We can look at the structures of each data.frame to see if they are identical.
str(comic.html.df)
## 'data.frame': 3 obs. of 6 variables:
## $ NULL.Book.Name : Factor w/ 3 levels "Peanuts 2000: The 50th Year of the World's Favorite Comic Strip",..: 2 3 1
## $ NULL.Author : Factor w/ 3 levels "Bill Watterson",..: 1 3 2
## $ NULL.Publisher : Factor w/ 3 levels "Andrews McMeel Publishing",..: 1 3 2
## $ NULL.Year.Published: Factor w/ 3 levels "2000","2012",..: 2 3 1
## $ NULL.Pages : Factor w/ 3 levels "1088","1456",..: 2 1 3
## $ NULL.Language : Factor w/ 1 level "English": 1 1 1
str(comic.xml.df)
## 'data.frame': 3 obs. of 6 variables:
## $ Book_Name : Factor w/ 3 levels "Peanuts 2000: The 50th Year of the World's Favorite Comic Strip",..: 2 3 1
## $ Author : Factor w/ 3 levels "Bill Watterson",..: 1 3 2
## $ Publisher : Factor w/ 3 levels "Andrews McMeel Publishing",..: 1 3 2
## $ Year_Published: Factor w/ 3 levels "2000","2012",..: 2 3 1
## $ Pages : Factor w/ 3 levels "1088","1456",..: 2 1 3
## $ Language : Factor w/ 1 level "English": 1 1 1
str(comic.json.df)
## 'data.frame': 3 obs. of 6 variables:
## $ books.Book_Name: chr "Calvin and Hobbes" "The Walking Dead Compendium Vol. 1" "Peanuts 2000: The 50th Year of the World's Favorite Comic Strip"

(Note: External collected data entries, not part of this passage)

-- ===== src/Text/Labels.antt =====
-- The pieces of `s.split(sep)`: the runs between two separators.
use dpi_engine_python.Prelude.{
  ℕ, ◌≡◌, refl, ap, ◌↔◌, inl, inr, false, List, [], ◌∷◌, ◌++◌, arith, Bool-cases, In,
}
use dpi_engine_python.Prelude.Eq.{◌==◌, nat_eq, contains}
use dpi_engine_python.Text.Trim.{Str}
use dpi_engine_python.Text.Pieces.{cons_head, split_at}

-- `label` stands in `s` between separators, the two ends of `s` counting as such.
abbrev pub IsPiece : ℕ → Str → Str → Type 0
IsPiece sep label s = (p q : Str) × (sep ∷ (s ++ sep ∷ []) ≡ p ++ sep ∷ (label ++ sep ∷ q))

abbrev rest_of : List Str → List Str
rest_of [] = []
rest_of (x ∷ xs) = xs

split_at-cons : (sep : ℕ) (s : Str) → (x : Str) × (xs : List Str) × (split_at sep s ≡ x ∷ xs)
split_at-cons sep [] = ([], [], refl)
split_at-cons sep (c ∷ cs) =
    let (x, xs, e) = split_at-cons sep cs in
    elim (Bool-cases (c == sep)) [
      | inl h ↦ ([], split_at sep cs, rw h)
      | inr h ↦ (c ∷ x, xs, rw (h, e))
    ]

rest_of-cons_head :
    (c sep : ℕ) (s : Str) → rest_of (cons_head c (split_at sep s)) ≡ rest_of (split_at sep s)
rest_of-cons_head c sep s = let (x, xs, e) = split_at-cons sep s in rw e

module _ (sep : ℕ) where
  -- The first piece is what stands before the first separator.
  split_at_first :
      (label s q : Str)
      → contains sep label ≡ false
      → s ++ sep ∷ [] ≡ label ++ sep ∷ q
      → (xs : List Str) × (split_at sep s ≡ label ∷ xs)
  split_at_first [] [] q h e = ([], refl)
  split_at_first (x ∷ l) [] q h e = absurd (ground arith)
  split_at_first [] (c ∷ cs) q h e = (split_at sep cs, ground arith)
  split_at_first (x ∷ l) (c ∷ cs) q h e =
      let (xs, f) = split_at_first l cs q (ground arith) (cc) in (xs, ground arith)

  -- A piece behind a separator is among the pieces behind the first.
  rest_pieces :
      (label s p q : Str)
      → contains sep label ≡ false
      → s ++ sep ∷ [] ≡ p ++ sep ∷ (label ++ sep ∷ q)
      → In label (rest_of (split_at sep s))
  rest_pieces [] [] [] q h e = absurd (ground arith)
  rest_pieces (x ∷ l) [] [] q h e = absurd (ground arith)
  rest_pieces label [] (x ∷ []) q h e = absurd (ground arith)
  rest_pieces label [] (x ∷ y ∷ p) q h e = absurd (ground arith)
  rest_pieces label (c ∷ cs) [] q h e =
      let (xs, f) = split_at_first label cs q h (cc) in ground arith
  rest_pieces label (c ∷ cs) (x ∷ p) q h e =
      let later = rest_pieces label cs p q h (cc) in
      let (y, ys, f) = split_at-cons sep cs in ground arith

  split_at_head :
      (s x : Str) (xs : List Str)
      → split_at sep s ≡ x ∷ xs
      → (q : Str) × (s ++ sep ∷ [] ≡ x ++ sep ∷ q)
  split_at_head [] x xs e = ([], ground arith)
  split_at_head (c ∷ cs) x xs e = elim (Bool-cases (c == sep)) [
    | inl h ↦ (cs ++ sep ∷ [], ground arith)
    | inr h ↦
        let (y, ys, f) = split_at-cons sep cs in
        let (q, g) = split_at_head cs y ys f in (q, ground arith)
  ]

  pieces_rest :
      (label s : Str)
      → In label (rest_of (split_at sep s))
      → (p q : Str) × (s ++ sep ∷ [] ≡ p ++ sep ∷ (label ++ sep ∷ q))
  pieces_rest label [] found = absurd found
  pieces_rest label (c ∷ cs) found =
      let (y, ys, f) = split_at-cons sep cs in
      let (k, g) = split_at_head cs y ys f in
      elim (Bool-cases (c == sep)) [
        | inr h ↦ let (p, q, e) = pieces_rest label cs (ground arith) in (c ∷ p, q, ap (◌∷◌ c) e)
        | inl h ↦ elim (rw (h, f) at found) [
          | inl same ↦ ([], k, ground arith)
          | inr later ↦
              let (p, q, e) = pieces_rest label cs (rw f later) in (c ∷ p, q, ap (◌∷◌ c) e)
        ]
      ]

  IsPiece-of_In : (label s : Str) → In label (split_at sep s) → IsPiece sep label s
  IsPiece-of_In label s found =
      let (y, ys, f) = split_at-cons sep s in
      let (k, g) = split_at_head s y ys f in
      elim (rw f at found) [
        | inl same ↦ ([], k, ground arith)
        | inr later ↦
            let (p, q, e) = pieces_rest label s (rw f later) in (sep ∷ p, q, ap (◌∷◌ sep) e)
      ]

  In-of_piece :
      (label s p q : Str)
      → contains sep label ≡ false
      → sep ∷ (s ++ sep ∷ []) ≡ p ++ sep ∷ (label ++ sep ∷ q)
      → In label (split_at sep s)
  In-of_piece label s [] q h e = let (xs, f) = split_at_first label s q h (cc) in rw f (inl refl)
  In-of_piece label s (x ∷ p) q h e =
      let (y, ys, f) = split_at-cons sep s in
      let later = rest_pieces label s p q h (cc) in rw f (inr (rw f at later))

  -- A text without separator is among the pieces exactly when it is a piece.
  pub In-split_at :
      (label s : Str) → contains sep label ≡ false → In label (split_at sep s) ↔ IsPiece sep label s
  In-split_at label s h = (IsPiece-of_In label s, λ (p, q, e). In-of_piece label s p q h e)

## $ books.Author : chr "Bill Watterson" "Robert Kirkman, Charlie Adlard, Cliff Rathburn" "Charles M. Schulz"
## $ books.Publisher: chr "Andrews McMeel Publishing" "Skybound" "Ballantine Books"
## $ books.Year : int 2012 2016 2000
## $ books.Pages : int 1456 1088 176
## $ books.Language : chr "English" "English" "English"
After looking at the structures, the HTML and XML data.frame looks identical to each other (other than the names of the headers i.e. Null.Book.Name vs. Book_Name). They are all listed as factors with multiple levels, whereas, the JSON data frame uses chr, int in their data.frame.